Coupling wind LiDAR fixed and volumetric scans for enhanced characterization of wind turbulence and flow three-dimensionality

Over the last decades, pulsed light detection and ranging (LiDAR) anemometry has gained growing attention in probing the marine atmospheric boundary layer (MABL) due to its ease of use combined with compelling spatio-temporal resolution. Among several scanning strategies, fixed scans represent the most prominent choice when high-frequency resolution is required; however, no information is provided about the spatial heterogeneity of the wind field.

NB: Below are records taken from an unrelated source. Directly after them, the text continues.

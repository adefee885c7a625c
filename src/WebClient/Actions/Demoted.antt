-- ===== src/WebClient/Actions/Demoted.antt =====
-- rtpconn/webclient.go and group/group.go: the last operator of a group loses its privileges.
use galene.Base.{
  ℕ, ◌≡◌, refl, ap, Bool, true, false, not, ◌&&◌, ◌||◌, none, List, [], ◌∷◌, ◌==◌, Text, same,
  contains, bytes, Bool-cases, inl, inr, Returns,
}
use galene.Group.{Group, Client}
use galene.Group.Members.{has_op, set_permissions, is_nil, op}
use galene.WebClient.{WebClient, queue_changed, Environment}
use galene.WebClient.Actions.{remove_first, changed_permissions, change_permissions, handle_action}

or_false-left : (a b : Bool) → (a || b) ≡ false → a ≡ false
or_false-left true b h = h
or_false-left false b h = refl

or_false-right : (a b : Bool) → (a || b) ≡ false → b ≡ false
or_false-right true b h = cc
or_false-right false b h = h

or_false : {a b : Bool} → a ≡ false → b ≡ false → (a || b) ≡ false
or_false p q = rw (p, q) refl

contains-remove_first :
    (l : List Text) (v w : Text) → contains l w ≡ false → contains (remove_first v l) w ≡ false
unfolding remove_first
contains-remove_first [] v w h = refl
contains-remove_first (x ∷ l) v w h = elim (Bool-cases (same v x)) [
  | inl q ↦ rw q (or_false-right (same x w) (contains l w) h)
  | inr q ↦ rw q (
      or_false (or_false-left (same x w) (contains l w) h)
        (contains-remove_first l v w (or_false-right (same x w) (contains l w) h)))
]

all_three : {a b h : Bool} → a ≡ true → b ≡ true → h ≡ false → (a && b && not h) ≡ true
all_three p q r = rw (p, q, r) refl

module _ {V : Type 0} where
  has_op-set_permissions :
      (a : ℕ) (l : List Text) (cs : List (Client V))
      → contains l op ≡ false
      → has_op (set_permissions a [] cs) ≡ false
      → has_op (set_permissions a l cs) ≡ false
  has_op-set_permissions a l [] e h = refl
  has_op-set_permissions a l (c ∷ cs) e h = elim (Bool-cases (c.address == a)) [
    | inl q ↦
        let k : has_op (set_permissions a [] cs) ≡ false = rw q at h in
        rw q (or_false e (has_op-set_permissions a l cs e k))
    | inr q ↦
        let k : (contains c.permissions op || has_op (set_permissions a [] cs)) ≡ false =
          rw q at h in
        rw q (
          or_false (or_false-left (contains c.permissions op) _ k)
            (has_op-set_permissions a l cs e (or_false-right (contains c.permissions op) _ k)))
  ]

  -- Where a group locks by itself and is not locked, and the client with the given address is its only
  -- operator, the user action "unop" on this client makes no call of the group, and leaves it without
  -- a lock and without an operator.
  pub unop-unguarded :
      (e : Environment) (c : WebClient) (g : Group V) (address : ℕ)
      → g.description.autolock ≡ true
      → g.locked ≡ none
      → has_op (set_permissions address [] g.clients) ≡ false
      → contains (remove_first op c.permissions) op ≡ false
      → Returns
          (λ o.
            (o.effects ≡ queue_changed ∷ [])
            × (o.failure ≡ none)
            × ((g.description.autolock
                  && is_nil g.locked
                  && not (has_op (set_permissions address o.client.permissions g.clients)))
                ≡ true))
          (handle_action e c (change_permissions (bytes "unop")))
  unfolding handle_action changed_permissions
  unop-unguarded e c g address a u others once =
      let l = remove_first (bytes "record") (remove_first op c.permissions) in
      let none_left : has_op (set_permissions address l g.clients) ≡ false =
        has_op-set_permissions address l g.clients
          (contains-remove_first (remove_first op c.permissions) (bytes "record") op once) others in
      (refl, refl, all_three a (ap is_nil u) none_left)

On the other hand, volumetric scans allow for the characterization of the spatial variability of the wind field with much lower temporal resolution than fixed scans. In this work, the recently developed LiDAR Statistical Barnes Objective Analysis (LiSBOA) algorithm for the optimal design of LiDAR scans and retrieval of wind velocity statistics is tailored for applications in the MABL. The LiDAR data, collected during a recent experimental campaign over Lake Lavon in Texas, show a good consistency of mean velocity profiles between fixed and LiSBOA-interpolated volumetric data, thus further encouraging the use of coupled fixed and volumetric scans for simultaneous characterizations of wind turbulence statistics along the vertical direction and volumetric heterogeneity of the wind field.

Automated summary

LiDAR technology has gained attention in probing the marine atmospheric boundary layer (MABL) due to its ease of use and high spatio-temporal resolution. Fixed scans provide high-frequency resolution while volumetric scans characterize spatial variability with lower temporal resolution. The LiSBOA algorithm is tailored for LiDAR scan design and wind velocity statistics retrieval. The results show good consistency between fixed and volumetric data.